Heart Rate Variability
The validation reports for this parameter is available on request:
HEART RATE VARIABILITY
Heart rate (HR) refers to the number of heartbeats per minute. Heart Rate Variability (HRV) is the variation in the time intervals between consecutive heartbeats (RR intervals – RRi). HRV is generated by the interactions between the heart and brain and autonomic nervous system processes. HRV helps the body adapt to environmental and psychological challenges, reflecting the regulation of autonomic balance, blood pressure, blood vessel diameter, gas exchange, gut, and heart functions.
A healthy heart does not beat at constant intervals but exhibits small variances between beats. This variability allows the heart to adapt rapidly to an uncertain and changing environment. Physical or emotional stress results in faster, more monotonic heartbeats, reducing HRV. Conversely, relaxation leads to slower, less regular heartbeats and higher HRV. Normal HRV is associated with a lower risk of developing depression and post-traumatic stress disorder. Additionally, decreased HRV has been identified as an independent predictor of cardiovascular and overall mortality. Thus, HRV is a noninvasive method for evaluating autonomic nervous system activity and physical and emotional status in various clinical situations.
Our HRV algorithm uses the photoplethysmography (PPG) signal recorded from facial skin tissue (remote PPG - rPPG).
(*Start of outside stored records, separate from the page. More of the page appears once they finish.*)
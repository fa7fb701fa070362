-- ===== src/Protocol/Mask/Rotate.antt =====
-- rotateMask: the mask for what follows the part of a payload that has been received.
use eiows.Common.{
  ℕ, zero, suc, ◌+◌, ◌-◌, ◌%◌, ◌<◌, bit_and, bit_xor, ◌≡◌, refl, ap, ap₂, ◌∙◌, [], ◌∷◌, ◌++◌, arith,
  Bytes, length,
}
use eiows.Protocol.Ascii.{Simd}
use eiows.Protocol.Mask.{Mask, mask_at, rotate_mask, unmask}
use eiows.Protocol.Mask.Masked.{
  masked, masked-mod, masked-append, bit_and-three, unmask-masked, IsMask,
}

-- The mask from its byte `r` on, for r below 4.
abbrev turn : ℕ → Mask → Mask
turn zero mask = mask
turn (suc zero) mask = record { m0 = mask.m1; m1 = mask.m2; m2 = mask.m3; m3 = mask.m0 }
turn (suc (suc zero)) mask = record { m0 = mask.m2; m1 = mask.m3; m2 = mask.m0; m3 = mask.m1 }
turn _ mask = record { m0 = mask.m3; m1 = mask.m0; m2 = mask.m1; m3 = mask.m2 }

rotate_mask-turn : (r : ℕ) (mask : Mask) → r < 4 → rotate_mask (4 - r) mask ≡ turn r mask
unfolding rotate_mask
rotate_mask-turn zero mask h = refl
rotate_mask-turn (suc zero) mask h = refl
rotate_mask-turn (suc (suc zero)) mask h = refl
rotate_mask-turn (suc (suc (suc zero))) mask h = refl
rotate_mask-turn (suc (suc (suc (suc r)))) mask h = absurd (omega arith)

mask_at-turn :
    (r i : ℕ) (mask : Mask) → r < 4 → mask_at (turn r mask) (i % 4) ≡ mask_at mask ((i + r) % 4)
mask_at-turn zero i mask h = ground arith
mask_at-turn (suc zero) i mask h = ground arith
mask_at-turn (suc (suc zero)) i mask h = ground arith
mask_at-turn (suc (suc (suc zero))) i mask h = ground arith
mask_at-turn (suc (suc (suc (suc r)))) i mask h = absurd (omega arith)

masked-turn :
    (r i : ℕ) (mask : Mask) (s : Bytes) → r < 4 → masked (turn r mask) i s ≡ masked mask (i + r) s
unfolding masked
masked-turn r i mask [] h = refl
masked-turn r i mask (b ∷ s) h =
    ap₂ ◌∷◌ (ap (bit_xor b) (mask_at-turn r i mask h))
      (masked-turn r (i + 1) mask s h ∙ masked-mod mask (i + 1 + r) (i + r + 1) s (omega arith))

-- The rotation by 4 - (n & 3), as the parser makes it after n bytes.
pub rotate_mask-masked :
    (n : ℕ) (mask : Mask) (s : Bytes)
    → masked (rotate_mask (4 - bit_and n 3) mask) 0 s ≡ masked mask n s
rotate_mask-masked n mask s =
    rw (bit_and-three n, rotate_mask-turn (n % 4) mask (omega arith))
      (masked-turn (n % 4) 0 mask s (omega arith) ∙ masked-mod mask (0 + n % 4) n s (omega arith))

-- A payload may be unmasked in two parts, wherever it is cut, if the mask is rotated in between.
pub unmask-append :
    (simd : Simd) (mask : Mask) (xs ys : Bytes)
    → unmask simd mask (xs ++ ys)
      ≡ unmask simd mask xs ++ unmask simd (rotate_mask (4 - bit_and (length xs) 3) mask) ys
unmask-append simd mask xs ys =
    rw
      (
        unmask-masked simd mask (xs ++ ys),
        unmask-masked simd mask xs,
        unmask-masked simd (rotate_mask (4 - bit_and (length xs) 3) mask) ys,
        rotate_mask-masked (length xs) mask ys,
      )
      (masked-append mask 0 xs ys
        ∙ ap (λ t. masked mask 0 xs ++ t)
            (masked-mod mask (0 + length xs) (length xs) ys (omega arith)))

pub rotate_mask-IsMask :
    (n : ℕ) (mask : Mask) → IsMask mask → IsMask (rotate_mask (4 - bit_and n 3) mask)
rotate_mask-IsMask n mask h =
    rw (bit_and-three n, rotate_mask-turn (n % 4) mask (omega arith)) (turn-IsMask (n % 4) mask h)
  where
    turn-IsMask : (r : ℕ) (mask : Mask) → IsMask mask → IsMask (turn r mask)
    turn-IsMask zero mask h = h
    turn-IsMask (suc zero) mask h = omega arith
    turn-IsMask (suc (suc zero)) mask h = omega arith
    turn-IsMask _ mask h = omega arith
The algorithm identifies the heartbeat peaks, representing the contraction of heart ventricles (R peaks of the QRS complex of the ECG wave). RR intervals (RRi) are defined as the difference between successive R peaks, calculated as: RR(n) = R(n) − R(n−1), where n is the beat index number. The variability of RRi is known as Heart Rate Variability (HRV). Our HRV measurements are based on various parameters calculated from RRi values, such as SDNN (msec), which represents the standard deviation of RRi. Accuracy is determined according to the mean RRi.
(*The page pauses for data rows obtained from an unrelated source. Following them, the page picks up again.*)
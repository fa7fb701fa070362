-- ===== src/Protocol/State.antt =====
-- WebSocketState of uWebSockets/src/WebSocketProtocol.h, and WebSocketProtocolHooks, through which
-- the parser calls its owner.
use eiows.Common.{
  ℕ, ◌+◌, ◌%◌, Bool, true, false, [], ◌++◌, ◌==◌, if◌then◌else◌, Bytes, length, drop,
}
use eiows.Protocol.Mask.{Mask}

-- `op_stack` is opStack + 1 modulo 4, for the signed field of two bits: 0 stands for -1, 1 and 2
-- for the places of the array opCode, and 3 for -2. `op_code0` and `op_code1` are that array.
-- `spill` is the array of 13 bytes, of which the first `spill_length` count.
pub record WebSocketState : Type 0 where
  pub wants_head : Bool
  pub spill_length : ℕ
  pub op_stack : ℕ
  pub last_fin : Bool
  pub fragmented_message : Bool
  pub spill : Bytes
  pub op_code0 : ℕ
  pub op_code1 : ℕ
  pub remaining_bytes : ℕ
  pub mask : Mask

abbrev pub initial_state : WebSocketState
initial_state = record {
  wants_head = true;
  spill_length = 0;
  op_stack = 0;
  last_fin = true;
  fragmented_message = false;
  spill = [];
  op_code0 = 0;
  op_code1 = 0;
  remaining_bytes = 0;
  mask = record { m0 = 0; m1 = 0; m2 = 0; m3 = 0 };
}

-- opCode[opStack]; out of the array where the stack is empty.
unfoldable pub current_op_code : WebSocketState → ℕ
current_op_code w =
    if w.op_stack == 1 then w.op_code0 else if w.op_stack == 2 then w.op_code1 else 0

-- opCode[++opStack] = op_code
unfoldable pub push_op_code : ℕ → WebSocketState → WebSocketState
push_op_code op_code w =
    if w.op_stack == 0
    then record w { op_stack = 1; op_code0 = op_code }
    else if w.op_stack == 1
    then record w { op_stack = 2; op_code1 = op_code }
    else record w { op_stack = (w.op_stack + 1) % 4 }

-- opStack--
unfoldable pub pop_op_code : WebSocketState → WebSocketState
pop_op_code w = record w { op_stack = (w.op_stack + 3) % 4 }

-- memcpy(spill, src, length); spillLength = length; the field has four bits.
unfoldable pub store_spill : Bytes → WebSocketState → WebSocketState
store_spill src w =
    if length src == 0
    then w
    else record w { spill = src ++ drop (length src) w.spill; spill_length = length src % 16 }

-- The owner's state is of the type C. The parser hands over the payload bytes, the number of bytes
-- of the frame still to come, the opcode of the message and whether the frame is the last.
pub record Hooks (C : Type 0) : Type 0 where
  pub refuse_payload_length : ℕ → C → Bool × C
  pub set_compressed : C → Bool × C
  pub force_close : C → C
  pub handle_fragment : Bytes → ℕ → ℕ → Bool → C → Bool × C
This report describes the results of a validation experiment comparing our HRV measurements with those of an accurate reference device. The advantage of a non-intrusive, automatic, and accessible method for monitoring these vital signs is clear. Our algorithm uses the PPG signal recorded from facial skin tissue (remote PPG - rPPG). It extracts face video images, produces an rPPG signal, analyzes the data, and provides the end user with real-time vital signs measurements.